§ DATASET EXTRACT

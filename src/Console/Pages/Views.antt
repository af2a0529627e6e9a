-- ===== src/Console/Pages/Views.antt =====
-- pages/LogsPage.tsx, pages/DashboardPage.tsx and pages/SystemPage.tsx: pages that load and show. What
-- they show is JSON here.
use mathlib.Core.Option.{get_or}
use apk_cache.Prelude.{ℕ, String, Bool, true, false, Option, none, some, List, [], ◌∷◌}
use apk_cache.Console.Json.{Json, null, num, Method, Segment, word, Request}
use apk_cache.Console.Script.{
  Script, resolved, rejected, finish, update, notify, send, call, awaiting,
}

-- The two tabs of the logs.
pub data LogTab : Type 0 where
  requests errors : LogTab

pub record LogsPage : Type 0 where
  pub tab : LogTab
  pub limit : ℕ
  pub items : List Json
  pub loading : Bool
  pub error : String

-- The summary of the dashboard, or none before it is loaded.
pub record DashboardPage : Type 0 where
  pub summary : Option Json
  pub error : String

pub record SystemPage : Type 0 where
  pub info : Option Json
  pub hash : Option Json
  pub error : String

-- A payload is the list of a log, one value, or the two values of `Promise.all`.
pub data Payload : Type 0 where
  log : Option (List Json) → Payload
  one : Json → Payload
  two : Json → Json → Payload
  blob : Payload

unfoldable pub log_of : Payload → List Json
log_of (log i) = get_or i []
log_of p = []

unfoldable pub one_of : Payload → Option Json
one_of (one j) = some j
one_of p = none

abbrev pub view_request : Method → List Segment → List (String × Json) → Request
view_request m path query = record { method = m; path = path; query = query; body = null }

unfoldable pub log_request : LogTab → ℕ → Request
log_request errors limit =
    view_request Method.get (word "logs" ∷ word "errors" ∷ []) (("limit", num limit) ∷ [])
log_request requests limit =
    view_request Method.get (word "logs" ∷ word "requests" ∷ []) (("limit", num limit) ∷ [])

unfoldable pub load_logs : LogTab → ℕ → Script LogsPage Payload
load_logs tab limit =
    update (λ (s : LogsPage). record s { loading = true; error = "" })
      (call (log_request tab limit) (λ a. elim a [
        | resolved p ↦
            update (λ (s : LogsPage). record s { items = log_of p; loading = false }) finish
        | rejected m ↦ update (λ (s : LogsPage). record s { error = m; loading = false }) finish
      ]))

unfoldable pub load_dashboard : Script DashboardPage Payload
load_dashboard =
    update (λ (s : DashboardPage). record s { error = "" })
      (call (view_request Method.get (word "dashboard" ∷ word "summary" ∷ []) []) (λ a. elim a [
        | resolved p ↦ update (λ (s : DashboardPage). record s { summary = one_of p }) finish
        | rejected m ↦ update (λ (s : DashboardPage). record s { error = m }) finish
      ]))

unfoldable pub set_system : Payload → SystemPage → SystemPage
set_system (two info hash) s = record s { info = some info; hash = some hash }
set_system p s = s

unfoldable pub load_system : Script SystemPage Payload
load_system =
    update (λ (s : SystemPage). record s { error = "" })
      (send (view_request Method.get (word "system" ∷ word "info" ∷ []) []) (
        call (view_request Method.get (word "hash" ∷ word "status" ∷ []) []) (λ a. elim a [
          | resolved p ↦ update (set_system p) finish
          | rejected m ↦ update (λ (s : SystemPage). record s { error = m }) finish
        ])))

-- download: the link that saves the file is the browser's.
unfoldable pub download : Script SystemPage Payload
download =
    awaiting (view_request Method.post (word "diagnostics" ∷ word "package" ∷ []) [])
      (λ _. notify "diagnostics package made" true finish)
--
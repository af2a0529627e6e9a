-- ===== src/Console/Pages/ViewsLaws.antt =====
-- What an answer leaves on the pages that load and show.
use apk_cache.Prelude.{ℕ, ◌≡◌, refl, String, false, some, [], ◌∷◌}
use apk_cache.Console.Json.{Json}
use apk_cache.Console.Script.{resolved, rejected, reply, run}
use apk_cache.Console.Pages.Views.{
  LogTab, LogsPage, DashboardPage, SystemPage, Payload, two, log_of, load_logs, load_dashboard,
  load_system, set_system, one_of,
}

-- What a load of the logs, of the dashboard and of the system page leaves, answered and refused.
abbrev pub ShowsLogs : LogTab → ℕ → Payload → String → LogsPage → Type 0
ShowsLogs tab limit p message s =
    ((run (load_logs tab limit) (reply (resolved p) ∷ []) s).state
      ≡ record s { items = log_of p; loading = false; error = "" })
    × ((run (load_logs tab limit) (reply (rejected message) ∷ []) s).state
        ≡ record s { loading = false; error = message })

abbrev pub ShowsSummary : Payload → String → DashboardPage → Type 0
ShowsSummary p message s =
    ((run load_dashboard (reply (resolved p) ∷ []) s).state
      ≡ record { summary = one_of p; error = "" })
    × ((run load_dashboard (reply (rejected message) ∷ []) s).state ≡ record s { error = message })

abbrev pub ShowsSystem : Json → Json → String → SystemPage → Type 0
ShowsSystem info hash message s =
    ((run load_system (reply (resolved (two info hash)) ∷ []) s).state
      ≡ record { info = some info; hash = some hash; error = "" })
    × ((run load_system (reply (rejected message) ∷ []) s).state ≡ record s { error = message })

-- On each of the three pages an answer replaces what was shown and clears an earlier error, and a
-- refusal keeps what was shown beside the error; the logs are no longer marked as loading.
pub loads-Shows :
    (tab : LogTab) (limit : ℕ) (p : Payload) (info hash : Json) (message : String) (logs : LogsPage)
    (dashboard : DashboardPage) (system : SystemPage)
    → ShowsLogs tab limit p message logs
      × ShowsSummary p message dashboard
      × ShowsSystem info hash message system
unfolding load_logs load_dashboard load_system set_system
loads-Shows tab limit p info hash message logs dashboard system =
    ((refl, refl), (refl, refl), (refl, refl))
==
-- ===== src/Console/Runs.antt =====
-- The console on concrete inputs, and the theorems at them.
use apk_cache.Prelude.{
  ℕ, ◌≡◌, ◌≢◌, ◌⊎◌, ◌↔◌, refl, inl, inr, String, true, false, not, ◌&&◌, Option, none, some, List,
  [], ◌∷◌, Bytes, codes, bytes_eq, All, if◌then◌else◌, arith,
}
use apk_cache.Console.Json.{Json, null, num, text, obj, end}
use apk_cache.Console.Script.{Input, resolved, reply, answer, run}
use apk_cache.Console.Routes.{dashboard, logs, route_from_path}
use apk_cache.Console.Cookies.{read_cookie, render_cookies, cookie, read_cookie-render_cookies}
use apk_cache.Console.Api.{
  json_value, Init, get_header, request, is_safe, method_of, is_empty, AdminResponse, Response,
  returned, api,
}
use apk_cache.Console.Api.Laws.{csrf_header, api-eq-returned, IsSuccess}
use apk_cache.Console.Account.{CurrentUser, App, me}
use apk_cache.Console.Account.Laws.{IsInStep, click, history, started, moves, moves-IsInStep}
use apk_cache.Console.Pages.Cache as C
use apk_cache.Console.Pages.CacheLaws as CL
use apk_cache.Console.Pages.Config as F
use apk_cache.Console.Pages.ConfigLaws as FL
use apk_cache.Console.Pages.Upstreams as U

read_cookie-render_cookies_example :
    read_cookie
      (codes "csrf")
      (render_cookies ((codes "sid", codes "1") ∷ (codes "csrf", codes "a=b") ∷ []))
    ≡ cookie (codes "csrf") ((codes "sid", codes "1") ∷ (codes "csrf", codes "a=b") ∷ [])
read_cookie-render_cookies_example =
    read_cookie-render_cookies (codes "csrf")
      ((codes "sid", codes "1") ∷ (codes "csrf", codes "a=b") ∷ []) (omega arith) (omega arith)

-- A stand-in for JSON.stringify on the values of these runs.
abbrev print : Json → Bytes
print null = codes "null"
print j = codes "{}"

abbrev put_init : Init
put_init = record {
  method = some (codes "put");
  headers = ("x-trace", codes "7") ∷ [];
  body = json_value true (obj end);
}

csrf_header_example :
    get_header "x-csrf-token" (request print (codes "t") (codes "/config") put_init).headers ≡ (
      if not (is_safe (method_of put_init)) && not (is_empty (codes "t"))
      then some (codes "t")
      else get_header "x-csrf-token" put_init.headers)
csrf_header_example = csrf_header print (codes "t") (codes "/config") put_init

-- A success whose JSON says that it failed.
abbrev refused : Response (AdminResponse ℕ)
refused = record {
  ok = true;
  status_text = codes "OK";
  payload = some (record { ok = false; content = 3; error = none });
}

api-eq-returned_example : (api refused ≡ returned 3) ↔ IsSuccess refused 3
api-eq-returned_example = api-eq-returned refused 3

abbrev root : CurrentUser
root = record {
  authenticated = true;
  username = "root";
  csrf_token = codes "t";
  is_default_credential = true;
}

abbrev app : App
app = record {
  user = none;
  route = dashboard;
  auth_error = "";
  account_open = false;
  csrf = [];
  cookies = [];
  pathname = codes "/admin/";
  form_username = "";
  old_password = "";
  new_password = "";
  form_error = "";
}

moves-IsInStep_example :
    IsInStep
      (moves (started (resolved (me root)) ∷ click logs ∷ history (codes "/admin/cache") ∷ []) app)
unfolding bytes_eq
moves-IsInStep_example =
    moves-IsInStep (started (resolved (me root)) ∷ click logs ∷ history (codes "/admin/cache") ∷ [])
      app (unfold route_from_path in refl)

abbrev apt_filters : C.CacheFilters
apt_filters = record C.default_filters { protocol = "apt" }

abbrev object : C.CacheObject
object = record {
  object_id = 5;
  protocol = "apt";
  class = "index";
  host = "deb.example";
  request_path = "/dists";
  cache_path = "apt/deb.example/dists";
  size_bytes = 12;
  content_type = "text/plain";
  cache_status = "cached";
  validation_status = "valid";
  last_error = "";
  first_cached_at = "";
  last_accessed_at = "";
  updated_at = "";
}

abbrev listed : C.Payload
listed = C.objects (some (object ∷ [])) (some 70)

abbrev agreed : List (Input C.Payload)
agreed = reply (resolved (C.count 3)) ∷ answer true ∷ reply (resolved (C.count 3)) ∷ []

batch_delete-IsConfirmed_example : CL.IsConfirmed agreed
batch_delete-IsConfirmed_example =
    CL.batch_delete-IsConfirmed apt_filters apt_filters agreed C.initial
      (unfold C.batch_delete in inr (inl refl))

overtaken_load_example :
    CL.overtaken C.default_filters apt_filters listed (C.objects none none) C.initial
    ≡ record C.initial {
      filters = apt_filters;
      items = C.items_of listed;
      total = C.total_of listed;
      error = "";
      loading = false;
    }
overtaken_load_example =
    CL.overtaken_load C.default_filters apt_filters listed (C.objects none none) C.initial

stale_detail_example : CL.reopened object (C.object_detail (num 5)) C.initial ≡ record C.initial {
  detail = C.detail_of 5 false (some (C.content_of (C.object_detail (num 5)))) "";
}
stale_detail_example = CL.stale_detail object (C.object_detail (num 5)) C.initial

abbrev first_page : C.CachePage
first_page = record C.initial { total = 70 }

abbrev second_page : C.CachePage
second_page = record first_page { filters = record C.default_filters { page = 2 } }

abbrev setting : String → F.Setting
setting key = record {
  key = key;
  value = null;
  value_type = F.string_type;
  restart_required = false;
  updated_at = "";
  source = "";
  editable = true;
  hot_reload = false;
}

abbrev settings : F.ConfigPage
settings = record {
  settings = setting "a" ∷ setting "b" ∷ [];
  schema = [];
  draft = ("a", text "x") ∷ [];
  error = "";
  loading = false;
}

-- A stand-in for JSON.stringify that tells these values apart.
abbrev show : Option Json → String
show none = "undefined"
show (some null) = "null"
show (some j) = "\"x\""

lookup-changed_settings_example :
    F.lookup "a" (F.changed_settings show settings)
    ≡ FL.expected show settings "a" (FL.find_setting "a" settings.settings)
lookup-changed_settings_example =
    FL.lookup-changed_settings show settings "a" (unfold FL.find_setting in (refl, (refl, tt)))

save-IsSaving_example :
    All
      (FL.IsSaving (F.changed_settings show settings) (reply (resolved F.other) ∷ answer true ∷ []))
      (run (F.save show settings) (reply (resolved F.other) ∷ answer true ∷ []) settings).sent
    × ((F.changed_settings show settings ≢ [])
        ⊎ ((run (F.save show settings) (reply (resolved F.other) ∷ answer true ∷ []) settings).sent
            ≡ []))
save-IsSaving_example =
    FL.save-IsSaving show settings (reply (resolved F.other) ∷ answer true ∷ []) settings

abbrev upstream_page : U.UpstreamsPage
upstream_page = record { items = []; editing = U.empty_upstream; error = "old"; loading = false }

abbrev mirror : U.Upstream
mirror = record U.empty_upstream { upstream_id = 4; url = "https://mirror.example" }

§ TASK DESCRIPTION
Among the lines of the listing above, tally the ones holding the string "CurrentUser" and give that count alone.

§ ANSWER AREA
2